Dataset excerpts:
####

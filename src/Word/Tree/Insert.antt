-- ===== src/Word/Tree/Insert.antt =====
-- xrbase/trieword/WordTree.cpp: `Insert` adds one word to those of a tree.
use libev_test.Base.{
  ℕ, ◌≡◌, refl, ap, arith, Bool, true, false, not, ◌&&◌, List, [], ◌∷◌, none, some, ◌==◌,
  if◌then◌else◌, inl, inr, Option-cases, Bool-cases,
}
use mathlib.Core.Path.{subst}
use libev_test.Word.Tree.{
  Node, Children, node, no_more, child, children, is_node, is_leaf, set_node, new_node, find_child,
  put_child, insert_branch, insert_from, insert,
}

-- The tree has that path, and a word ends there.
unfoldable pub accepts : Node → List ℕ → Bool
accepts n [] = is_node n
accepts n (c ∷ rest) = elim (find_child (children n) c) [ none ↦ false | some k ↦ accepts k rest ]

unfoldable pub word_eq : List ℕ → List ℕ → Bool
word_eq [] [] = true
word_eq [] (d ∷ v) = false
word_eq (c ∷ w) [] = false
word_eq (c ∷ w) (d ∷ v) = c == d && word_eq w v

pub find_child-put_child :
    (m : Children) (c d : ℕ) (k n : Node)
    → find_child m c ≡ some k
    → find_child (put_child m c n) d ≡ (if c == d then some n else find_child m d)
unfolding find_child put_child
find_child-put_child no_more c d k n h = cc
find_child-put_child (child e k' m) c d k n h = ground (arith, find_child-put_child m c d k n)

accepts-new_node : (c : ℕ) (v : List ℕ) → accepts (new_node c) v ≡ false
unfolding accepts find_child
accepts-new_node c [] = refl
accepts-new_node c (d ∷ v) = refl

accepts-ending : (c : ℕ) (v : List ℕ) → accepts (set_node true (new_node c)) v ≡ word_eq [] v
unfolding accepts find_child word_eq
accepts-ending c [] = refl
accepts-ending c (d ∷ v) = refl

-- A branch for a word whose first character has no node yet.
accepts-insert_branch :
    (c : ℕ) (w : List ℕ) (t : ℕ) (b : Bool) (m : Children) (v : List ℕ)
    → find_child m c ≡ none
    → accepts (insert_branch (c ∷ w) (node t b m)) v
      ≡ (if word_eq (c ∷ w) v then true else accepts (node t b m) v)
unfolding accepts word_eq find_child insert_branch
accepts-insert_branch c [] t b m [] h = ground arith
accepts-insert_branch c [] t b m (d ∷ v) h = ground (arith, accepts-ending c v)
accepts-insert_branch c (e ∷ w) t b m [] h = ground arith
accepts-insert_branch c (e ∷ w) t b m (d ∷ v) h =
    ground (arith, accepts-insert_branch e w c false no_more v, accepts-new_node c v)

-- Replacing a child by one that has a word more.
accepts-put_child :
    (c : ℕ) (w : List ℕ) (t : ℕ) (b : Bool) (m : Children) (k n : Node) (v : List ℕ)
    → find_child m c ≡ some k
    → ((u : List ℕ) → accepts n u ≡ (if word_eq w u then true else accepts k u))
    → accepts (node t b (put_child m c n)) v
      ≡ (if word_eq (c ∷ w) v then true else accepts (node t b m) v)
unfolding accepts word_eq
accepts-put_child c w t b m k n [] e more = refl
accepts-put_child c w t b m k n (d ∷ v) e more =
    ground (arith, find_child-put_child m c d k n, more v, ap (λ x. find_child m x) {x = c} {y = d})

-- After the insertion below a node, the tree has the paths that it had and the word.
pub accepts-insert_from :
    (w : List ℕ) (n : Node) (v : List ℕ)
    → accepts (insert_from w n) v ≡ (if word_eq w v then true else accepts n v)
unfolding accepts word_eq insert_from
accepts-insert_from [] (node t b m) [] = refl
accepts-insert_from [] (node t b m) (d ∷ v) = refl
accepts-insert_from (c ∷ w) (node t b m) v = elim (Option-cases (find_child m c)) [
  | inl e ↦ rw (e, insert_from) (accepts-insert_branch c w t b m v e)
  | inr (k, e) ↦
      rw (e, insert_from)
        (accepts-put_child c w t b m k (insert_from w k) v e (accepts-insert_from w k))
]

-- Inserting a word of one character or more adds it and nothing else.
pub accepts-insert :
    (c : ℕ) (w : List ℕ) (root : Node) (v : List ℕ)
    → accepts (insert (c ∷ w) root) v ≡ (if word_eq (c ∷ w) v then true else accepts root v)
unfolding insert
accepts-insert c w root v = accepts-insert_from (c ∷ w) root v

-- Every leaf below ends a word.
abbrev mutual
  pub IsTidy : Node → Type 0
  IsTidy (node c b m) = AreTidy m

  pub AreTidy : Children → Type 0
  AreTidy no_more = Unit
  AreTidy (child d n m) = ((is_leaf n && not (is_node n)) ≡ false) × IsTidy n × AreTidy m

pub find_child-IsTidy :
    (m : Children) (c : ℕ) (k : Node)
    → AreTidy m
    → find_child m c ≡ some k
    → ((is_leaf k && not (is_node k)) ≡ false) × IsTidy k
unfolding find_child
find_child-IsTidy no_more c k v h = cc
find_child-IsTidy (child d n m) c k v h = elim (Bool-cases (d == c)) [
  | inl e ↦
      let same : n ≡ k = ground arith in
      subst (λ x. ((is_leaf x && not (is_node x)) ≡ false) × IsTidy x) same (v.0, v.1)
  | inr e ↦ find_child-IsTidy m c k v.2 (ground arith)
]

put_child-AreTidy :
    (m : Children) (c : ℕ) (n : Node)
    → AreTidy m
    → (is_leaf n && not (is_node n)) ≡ false
    → IsTidy n
    → AreTidy (put_child m c n)
unfolding put_child
put_child-AreTidy no_more c n v l h = tt
put_child-AreTidy (child d k m) c n v l h = elim (Bool-cases (d == c)) [
  | inl e ↦ rw e (l, h, v.2)
  | inr e ↦ rw e (v.0, v.1, put_child-AreTidy m c n v.2 l h)
]

-- A node under which something was inserted is no leaf, or ends a word.
insert_branch-not_bare :
    (d : ℕ) (w : List ℕ) (c : ℕ)
    → (is_leaf (insert_branch (d ∷ w) (new_node c))
        && not (is_node (insert_branch (d ∷ w) (new_node c))))
      ≡ false
unfolding insert_branch find_child
insert_branch-not_bare d [] c = refl
insert_branch-not_bare d (e ∷ w) c = refl

insert_branch-IsTidy :
    (c : ℕ) (w : List ℕ) (t : ℕ) (b : Bool) (m : Children)
    → AreTidy m
    → find_child m c ≡ none
    → IsTidy (insert_branch (c ∷ w) (node t b m))
unfolding insert_branch
insert_branch-IsTidy c [] t b m v e = rw (e, insert_branch) (refl, tt, v)
insert_branch-IsTidy c (d ∷ w) t b m v e =
    rw (e, insert_branch)
      (
        insert_branch-not_bare d w c,
        insert_branch-IsTidy d w c false no_more tt (unfold find_child in refl),
        v,
      )

insert_from-not_bare :
    (w : List ℕ) (n : Node) → (is_leaf (insert_from w n) && not (is_node (insert_from w n))) ≡ false
unfolding insert_from insert_branch put_child find_child
insert_from-not_bare [] (node t b no_more) = refl
insert_from-not_bare [] (node t b (child d k m)) = refl
insert_from-not_bare (c ∷ []) (node t b no_more) = refl
insert_from-not_bare (c ∷ e ∷ w) (node t b no_more) = refl
insert_from-not_bare (c ∷ []) (node t b (child d k m)) = ground arith
insert_from-not_bare (c ∷ e ∷ w) (node t b (child d k m)) = ground arith

insert_from-IsTidy : (w : List ℕ) (n : Node) → IsTidy n → IsTidy (insert_from w n)
unfolding insert_from
insert_from-IsTidy [] (node t b m) v = v
insert_from-IsTidy (c ∷ w) (node t b m) v = elim (Option-cases (find_child m c)) [
  | inl e ↦ rw (e, insert_from) (insert_branch-IsTidy c w t b m v e)
  | inr (k, e) ↦
      rw (e, insert_from)
        (put_child-AreTidy m c (insert_from w k) v (insert_from-not_bare w k)
          (insert_from-IsTidy w k (find_child-IsTidy m c k v e).1))
]

pub insert-IsTidy : (w : List ℕ) (root : Node) → IsTidy root → IsTidy (insert w root)
unfolding insert
insert-IsTidy [] root v = v
insert-IsTidy (c ∷ w) root v = insert_from-IsTidy (c ∷ w) root v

####

REQUIRED WORK: Look above for the line with "put_child-AreTidy no_more c n v l h = tt" and the line with "(d : ℕ) (w : List ℕ) (c : ℕ)", and reproduce exactly those two lines plus every line between, nothing more.

THE COMPLETED TASK:
put_child-AreTidy no_more c n v l h = tt
put_child-AreTidy (child d k m) c n v l h = elim (Bool-cases (d == c)) [
  | inl e ↦ rw e (l, h, v.2)
  | inr e ↦ rw e (v.0, v.1, put_child-AreTidy m c n v.2 l h)
]

-- A node under which something was inserted is no leaf, or ends a word.
insert_branch-not_bare :
    (d : ℕ) (w : List ℕ) (c : ℕ)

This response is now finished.